# Chicagoland Area Meetup



## girlie girl (May 28, 2006)

Hi all thought I would post and see if anyone would be interested in a meetup and I could host it at my house. I live in Skokie which is a suburb just north of Chicago. 


Tell me what you think!!!!



Thanks, Jan


----------



## totallytotontuffy (May 16, 2007)

Hi Jan, I live on the North side of the City, about 20 mins or so from Skokie. A meet up with fellow maltese & owners sounds good to me! Maggie & Nicole aren't as close....but not all that far either.


----------



## Toby's Mom (May 7, 2004)

QUOTE (TotallyTotoNTuffy @ Sep 15 2009, 08:48 PM) index.php?act=findpost&pid=830183


> Hi Jan, I live on the North side of the City, about 20 mins or so from Skokie. A meet up with fellow maltese & owners sounds good to me! Maggie & Nicole aren't as close....but not all that far either.[/B]


Skokie is about 30 minutes from me in good traffic, but as we all know Chicago is nothing but road construction this year!


----------



## maggieh (Dec 16, 2007)

Skokie is about an hour plus from me - I'm in Lisle which is next to Naperville - but hey, I've driven to Wisconsin twice this week so count me in! Sweetness and Tessa just LOVE road trips!!! 

Maggie


----------



## CrystalAndZoe (Jul 11, 2006)

It's about a 2 1/2 hour drive for me. Zoe, Jett and I love road trips! If it's on a Sunday, I could come. Of course, I'm not in Chicagoland...if that matters. LOL


----------



## girlie girl (May 28, 2006)

What do you guys think of Sunday October 4th.......................a lunch brunch sort of thing if anyone has any suggestions let me know thanks jan


----------



## girlie girl (May 28, 2006)

QUOTE (Crystal&Zoe @ Sep 19 2009, 10:46 AM) index.php?act=findpost&pid=831557


> It's about a 2 1/2 hour drive for me. Zoe, Jett and I love road trips! If it's on a Sunday, I could come. Of course, I'm not in Chicagoland...if that matters. LOL[/B]

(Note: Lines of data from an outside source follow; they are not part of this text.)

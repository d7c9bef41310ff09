-- ===== src/Operations/Claims/Workers.antt =====
-- No operation is claimed by two workers, while the claims of the first are not stale.
use brevyn_cloud.Base.{
  ℕ, zero, suc, ◌+◌, ◌-◌, ◌≤◌, ◌≡◌, refl, ap, subst, true, some, List, [], ◌∷◌, Text, arith, inl,
  inr, Option-cases, Bool-cases, All, All-map, ◌==◌, leb, update_where, update_where-All,
}
use brevyn_cloud.Operations.{Operation}
use brevyn_cloud.Operations.Runner.{
  OperationRecord, is_running, candidate, claim, has_id, to_record, claim_next, claim_batch,
  requeue_stale_running, is_stale, release_stale,
}
use brevyn_cloud.Operations.Claims.{claim_next-none, claim_next-some, claimed_record}
use brevyn_cloud.Operations.Claims.Exclusive.{
  IsTaken, NotClaimed, batch_none, batch_some, claim_batch-IsTaken,
}

-- The row with this id, if there is one, is running under a lock of this time.
abbrev pub IsLocked : (time id : ℕ) → List Operation → Type 0
IsLocked time id =
    All (λ op. (op.id == id) ≡ true → (is_running op.status ≡ true) × (op.locked_at ≡ some time))

claim_next-IsLocked :
    (worker : Text) (now id : ℕ) (rows : List Operation)
    → IsLocked now id rows
    → IsLocked now id (claim_next worker now rows).1
unfolding claim
claim_next-IsLocked worker now id rows h = elim (Option-cases (candidate now rows)) [
  | inl e ↦ rw (claim_next-none worker now rows e) h
  | inr (op, e) ↦
      rw (claim_next-some worker now rows op e)
        (update_where-All _ (has_id op.id) (claim worker now) rows (λ _ _ _ _. (refl, refl)) h)
]

update_where_locks :
    (worker : Text) (now id : ℕ) (rows : List Operation)
    → IsLocked now id (update_where (has_id id) (claim worker now) rows)
unfolding update_where claim
update_where_locks worker now id [] = tt
update_where_locks worker now id (op ∷ rows) = elim (Bool-cases (op.id == id)) [
  | inl e ↦ rw e ((λ same. (refl, refl)), update_where_locks worker now id rows)
  | inr e ↦ rw e ((λ same. absurd (cc (same, e))), update_where_locks worker now id rows)
]

claim_next_locks :
    (worker : Text) (now : ℕ) (rows : List Operation) (r : OperationRecord)
    → (claim_next worker now rows).0 ≡ some r
    → IsLocked now r.db_id (claim_next worker now rows).1
unfolding claim to_record
claim_next_locks worker now rows r h = elim (Option-cases (candidate now rows)) [
  | inl e ↦ absurd (cc (h, ap (λ p. p.0) (claim_next-none worker now rows e)))
  | inr (op, e) ↦
      subst (λ (r : OperationRecord). IsLocked now r.db_id (claim_next worker now rows).1)
        (claimed_record worker now rows op r e h)
        (rw (claim_next-some worker now rows op e) (update_where_locks worker now op.id rows))
]

claim_batch-IsLocked :
    (worker : Text) (now id n : ℕ) (rows : List Operation)
    → IsLocked now id rows
    → IsLocked now id (claim_batch worker now n rows).1
unfolding claim_batch
claim_batch-IsLocked worker now id zero rows h = h
claim_batch-IsLocked worker now id (suc n) rows h =
    let rest = claim_next-IsLocked worker now id rows h in
    elim (Option-cases (claim_next worker now rows).0) [
      | inl e ↦ rw (batch_none worker now n rows e) rest
      | inr (op, e) ↦
          rw (batch_some worker now n rows op e)
            (claim_batch-IsLocked worker now id n (claim_next worker now rows).1 rest)
    ]

-- A round leaves what it claims locked at its time.
claim_batch_locks :
    (worker : Text) (now n : ℕ) (rows : List Operation)
    → All
        (λ r. IsLocked now r.db_id (claim_batch worker now n rows).1)
        (claim_batch worker now n rows).0
unfolding claim_batch
claim_batch_locks worker now zero rows = tt
claim_batch_locks worker now (suc n) rows = elim (Option-cases (claim_next worker now rows).0) [
  | inl e ↦ rw (batch_none worker now n rows e) tt
  | inr (op, e) ↦
      let rows' = (claim_next worker now rows).1 in
      rw (batch_some worker now n rows op e) (
        claim_batch-IsLocked worker now op.db_id n rows' (claim_next_locks worker now rows op e),
        claim_batch_locks worker now n rows',
      )
]

-- The requeueing of stale rows leaves a row that is locked since not long ago.
requeue-IsTaken :
    (stale_after : ℕ) (text : Text) (clock time now id : ℕ) (rows : List Operation)
    → clock ≤ time + stale_after
    → IsLocked time id rows
    → IsTaken id (requeue_stale_running stale_after text clock now rows)
unfolding requeue_stale_running update_where is_stale release_stale
requeue-IsTaken stale_after text clock time now id [] recent h = ground arith
requeue-IsTaken stale_after text clock time now id (op ∷ rows) recent h =
    let rest = requeue-IsTaken stale_after text clock time now id rows recent h.1 in
    elim (Bool-cases (leb stale_after 0)) [
      | inl off ↦
          rw (off, requeue_stale_running)
            ((λ same. (h.0 same).0), rw (off, requeue_stale_running) at rest)
      | inr on ↦ elim (Bool-cases (is_stale (clock - stale_after) op)) [
        | inl stale ↦
            rw (on, stale, requeue_stale_running)
              (
                (λ same. absurd (ground (arith, h.0 same, stale, recent))),
                rw (on, requeue_stale_running) at rest,
              )
        | inr fresh ↦
            rw (on, fresh, requeue_stale_running)
              ((λ same. (h.0 same).0), rw (on, requeue_stale_running) at rest)
      ]
    ]

-- What one worker has claimed in a round, no other worker claims in its round, which begins with
-- the requeueing of stale rows, as long as the claims are no older than the time after which a row
-- is stale; they are not finished in between.
pub claim_batches_disjoint :
    (worker worker' : Text) (now now' n n' stale_after : ℕ) (text : Text) (clock : ℕ)
    (rows : List Operation)
    → clock ≤ now + stale_after
    → let (ops, rows') = claim_batch worker now n rows in
      let (ops', _) =
        claim_batch worker' now' n' (requeue_stale_running stale_after text clock now' rows') in
      All (λ (r : OperationRecord). NotClaimed r.db_id ops') ops
claim_batches_disjoint worker worker' now now' n n' stale_after text clock rows recent =
    let (ops, rows') = claim_batch worker now n rows in
    All-map _ _ ops
      (λ r locked.
        (claim_batch-IsTaken worker' now' r.db_id n' _
          (requeue-IsTaken stale_after text clock now now' r.db_id rows' recent locked)).0)
      (claim_batch_locks worker now n rows)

 please come if would be great to meet u jan


----------



## girlie girl (May 28, 2006)

QUOTE (maggieh @ Sep 18 2009, 08:49 PM) index.php?act=findpost&pid=831362


> Skokie is about an hour plus from me - I'm in Lisle which is next to Naperville - but hey, I've driven to Wisconsin twice this week so count me in! Sweetness and Tessa just LOVE road trips!!!
> 
> Maggie[/B]



i would love to meet u guys.............jan


----------



## girlie girl (May 28, 2006)

QUOTE (TotallyTotoNTuffy @ Sep 15 2009, 08:48 PM) index.php?act=findpost&pid=830183


> Hi Jan, I live on the North side of the City, about 20 mins or so from Skokie. A meet up with fellow maltese & owners sounds good to me! Maggie & Nicole aren't as close....but not all that far either.[/B]



i hope we can schedule something good would love to meet u..........jan


----------



## girlie girl (May 28, 2006)

QUOTE (Tobys Mom @ Sep 15 2009, 10:36 PM) index.php?act=findpost&pid=830267


> QUOTE (TotallyTotoNTuffy @ Sep 15 2009, 08:48 PM) index.php?act=findpost&pid=830183





> Hi Jan, I live on the North side of the City, about 20 mins or so from Skokie. A meet up with fellow maltese & owners sounds good to me! Maggie & Nicole aren't as close....but not all that far either.[/B]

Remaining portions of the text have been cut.